Composite components are implemented using Scala functions. The file function.scala is not a standalone Scala file, but rather a fragment that is inserted into a Scala template. Otherwise, the function is much like what you might write in a workflow definition file.

We used CSVFilter and REvaluate from the tools bundle, which is why we needed to declare a dependency in bundle.xml. We optimized the component so that it only places CSVFilter when needed. Thus, the set of atomic components we place on the workflow is not constant, and the component can be seen as a template rather than a fixed workflow.

You can use helper functions defined as private def in function.scala to avoid making the main function too long.

Local resources and relative paths

To implement the statistics computation, we place the code into an external R file (statistics.r) that is imported into the workflow (the code is omitted for simplicity). When using a local file name like we did here, the working directory is the folder containing the component, i.e., ~/my-bundles/demo/functions/PreprocessGeneCSV. Thus, we can place resource files into the component folder and import them using relative paths. The same applies to atomic components.

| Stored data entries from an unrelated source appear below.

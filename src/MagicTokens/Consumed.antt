-- ===== src/MagicTokens/Consumed.antt =====
-- What a login that succeeds did to the table of the tokens.
use nexcore_x_ui.Prelude.{
  ℕ, ◌≤◌, String, Bool, true, false, not, ◌||◌, ◌≡◌, refl, ◌∙◌, ap, Option, none, some, List, [],
  ◌∷◌, arith, ◌==◌, ==_iff, str_eq, eq_iff, if◌then◌else◌, ltb, Memᴰ, update_rows, mem_of_select,
  distinct-eq, Bool-cases, inl, inr, ap₂, any, All, All-of_mem, ◌&&◌, ◌⊎◌,
}
use nexcore_x_ui.Exec.{Exec, ok, ◌>>=◌, guard, bind-eq-ok, magic_token_invalid}
use nexcore_x_ui.Model.{MagicToken}
use nexcore_x_ui.Table.{Table}
use nexcore_x_ui.Table.Schemas.{magic_tokens_schema}
use nexcore_x_ui.MagicTokens.{is_open, read, stored, find, update, consume_row, consume_magic_token}

abbrev pub spent : ℕ → MagicToken → MagicToken
spent now q = record q { consumed_at = now }

abbrev same_token : MagicToken → MagicToken → Bool
same_token a b = str_eq a.token b.token

token_comm : (a b : MagicToken) → same_token a b ≡ same_token b a
token_comm a b = ground (arith, eq_iff a.token b.token, eq_iff b.token a.token)

guard-ok :
    {S : Type 0} (b : Bool) (s : S) {t : S}
    → guard b magic_token_invalid s ≡ (ok tt, t)
    → (b ≡ true) × (t ≡ s)
guard-ok true s h = (refl, cc)
guard-ok false s h = (cc, cc)

module _ (tokens : Table magic_tokens_schema) (hash : String → String) where
  read-ok :
      (o : Option (List MagicToken)) (s : tokens.Tab) {rows : List MagicToken} {t : tokens.Tab}
      → read tokens hash o s ≡ (ok rows, t)
      → (o ≡ some rows) × (t ≡ s)
  read-ok none s h = cc
  read-ok (some rows) s h = (cc, cc)

  stored-ok :
      (o : Option (ℕ × tokens.Tab)) (s : tokens.Tab) {n : ℕ} {t : tokens.Tab}
      → stored tokens hash o s ≡ (ok n, t)
      → o ≡ some (n, t)
  stored-ok none s h = cc
  stored-ok (some (n, u)) s h = cc

  -- What a login does to the row that it found first.
  pub consume_row-ok :
      (now : ℕ) (found : List MagicToken) (s : tokens.Tab) {t : tokens.Tab}
      → consume_row tokens hash now found s ≡ (ok tt, t)
      → (r : MagicToken) × Memᴰ r found
        × (r.consumed_at ≡ 0)
        × (now ≤ r.expires_at)
        × (tokens.rows t ≡ update_rows (is_open r.id) (spent now) (tokens.rows s))
  unfolding consume_row
  consume_row-ok now [] s h = cc
  consume_row-ok now (r ∷ more) s {t} h =
      let mark : Exec tokens.Tab (Unit {0}) = update tokens hash (is_open r.id) (spent now) >>= λ n.
      guard (not (n == 0 || ltb r.expires_at now)) magic_token_invalid in
      let (_, u, unspent, rest) =
        bind-eq-ok (guard (r.consumed_at == 0) magic_token_invalid) (λ _. mark) s h in
      let (n, v, wrote, last) =
        bind-eq-ok (update tokens hash (is_open r.id) (spent now))
          (λ n. guard (not (n == 0 || ltb r.expires_at now)) magic_token_invalid) u rest in
      let (zero_now, same_u) = guard-ok (r.consumed_at == 0) s unspent in
      let (live, same_t) = guard-ok (not (n == 0 || ltb r.expires_at now)) v last in
      let written =
        tokens.update-rows (is_open r.id) (spent now) u
          (stored-ok (tokens.update (is_open r.id) (spent now) u) u wrote) in
      (
        r,
        Memᴰ.head refl,
        (==_iff r.consumed_at 0).0 zero_now,
        ground arith,
        ap tokens.rows same_t
            ∙ written
            ∙ ap (λ (w : tokens.Tab). update_rows (is_open r.id) (spent now) (tokens.rows w))
                same_u,
      )

  pub consume_magic_token-ok :
      (plain : String) (now : ℕ) (s : tokens.Tab) {t : tokens.Tab}
      → consume_magic_token tokens hash plain now s ≡ (ok tt, t)
      → (r : MagicToken) × Memᴰ r (tokens.rows s)
        × (str_eq r.token (hash plain) ≡ true)
        × (r.consumed_at ≡ 0)
        × (now ≤ r.expires_at)
        × (tokens.rows t ≡ update_rows (is_open r.id) (spent now) (tokens.rows s))
  unfolding consume_magic_token
  consume_magic_token-ok plain now s {t} h = elim (Bool-cases (str_eq plain "")) [
    | inl empty ↦ cc (rw empty at h)
    | inr filled ↦
        (let (found, u, sel, rest) =
            bind-eq-ok (find tokens hash (λ r. str_eq r.token (hash plain)))
              (consume_row tokens hash now) s (rw filled at h) in
          let (listed, same) = read-ok (tokens.select (λ r. str_eq r.token (hash plain)) s) s sel in
          let chosen = tokens.select-rows (λ r. str_eq r.token (hash plain)) s listed in
          let (r, m, unspent, live, written) = consume_row-ok now found u rest in
          let (here, named) =
            mem_of_select (λ r. str_eq r.token (hash plain)) (tokens.rows s) (rw chosen at m) in
          (
            r,
            here,
            named,
            unspent,
            live,
            written
                ∙ ap (λ (w : tokens.Tab). update_rows (is_open r.id) (spent now) (tokens.rows w))
                    same,
          ))
  ]

  -- A row of the hash that has not been consumed.
  abbrev pub fresh : String → MagicToken → Bool
  fresh plain r = str_eq r.token (hash plain) && r.consumed_at == 0

  -- No row of the plaintext's hash is left to consume.
  abbrev pub IsSpent : String → tokens.Tab → Type 0
  IsSpent plain t = any (fresh plain) (tokens.rows t) ≡ false

  fresh-marked :
      (plain : String) (now : ℕ) (r : MagicToken)
      → 1 ≤ now
      → fresh plain (if is_open r.id r then spent now r else r) ≡ false
  fresh-marked plain now r h = ground (arith, ==_iff r.id r.id)

  fresh-other :
      (plain : String) (id now : ℕ) (r : MagicToken)
      → fresh plain r ≡ false
      → fresh plain (if is_open id r then spent now r else r) ≡ false
  fresh-other plain id now r h = ground arith

  -- Marking the open row of an id leaves no more rows to consume than there were.
  pub update_rows-spent :
      (plain : String) (id now : ℕ) (rows : List MagicToken)
      → any (fresh plain) rows ≡ false
      → any (fresh plain) (update_rows (is_open id) (spent now) rows) ≡ false
  update_rows-spent plain id now [] h = refl
  update_rows-spent plain id now (r ∷ rows) h =
      ap₂ ◌||◌ (fresh-other plain id now r (ground arith))
        (update_rows-spent plain id now rows (ground arith))

  update_rows-only :
      (plain : String) (now : ℕ) (r : MagicToken) (rows : List MagicToken)
      → 1 ≤ now
      → All (λ y. (y ≡ r) ⊎ (fresh plain y ≡ false)) rows
      → any (fresh plain) (update_rows (is_open r.id) (spent now) rows) ≡ false
  update_rows-only plain now r [] p h = refl
  update_rows-only plain now r (y ∷ rows) p (inl one, h) =
      ap₂ ◌||◌
        (ap (λ q. fresh plain (if is_open r.id q then spent now q else q)) one
          ∙ fresh-marked plain now r p)
        (update_rows-only plain now r rows p h)
  update_rows-only plain now r (y ∷ rows) p (inr other, h) =
      ap₂ ◌||◌ (fresh-other plain r.id now y other) (update_rows-only plain now r rows p h)

  -- The row that was found was the only one of its hash, and is marked now.
  pub consume_magic_token-IsSpent :
      (plain : String) (now : ℕ) (s : tokens.Tab) {t : tokens.Tab}
      → 1 ≤ now
      → consume_magic_token tokens hash plain now s ≡ (ok tt, t)
      → IsSpent plain t
  consume_magic_token-IsSpent plain now s {t} positive first =
      let (r, here, named, unspent, live, written) = consume_magic_token-ok plain now s first in
      ap (any (fresh plain)) written
      ∙ update_rows-only plain now r (tokens.rows s) positive (
          All-of_mem (tokens.rows s) λ y m. elim (Bool-cases (fresh plain y)) [
            | inr not_fresh ↦ inr not_fresh
            | inl open_row ↦
                (let same : same_token r y ≡ true = ground (
                  arith,
                  eq_iff r.token (hash plain),
                  eq_iff y.token (hash plain),
                  eq_iff r.token y.token,
                ) in
                  inl (
                    distinct-eq same_token token_comm (tokens.rows s)
                      (ground (arith, tokens.keys_unique s)) here m same))
          ])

Signature of the Scala function

The name and signature of the function must match the interface declared in component.xml. Input ports and parameters must be defined in the same order, and all input ports come before parameters in the function signature. Mapping between parameter types in component.xml and Scala is as follows:

Interface type Scala type
boolean Boolean
float Double
int Int
string String

The return type is a tuple that contains one element for each output port of the component. In our case, the component has two CSV output ports, so the return type is (CSV, CSV).

Array ports are specified using the base type in Scala (example: CSV); they do not have a generic counterpart like Array[CSV] in Scala.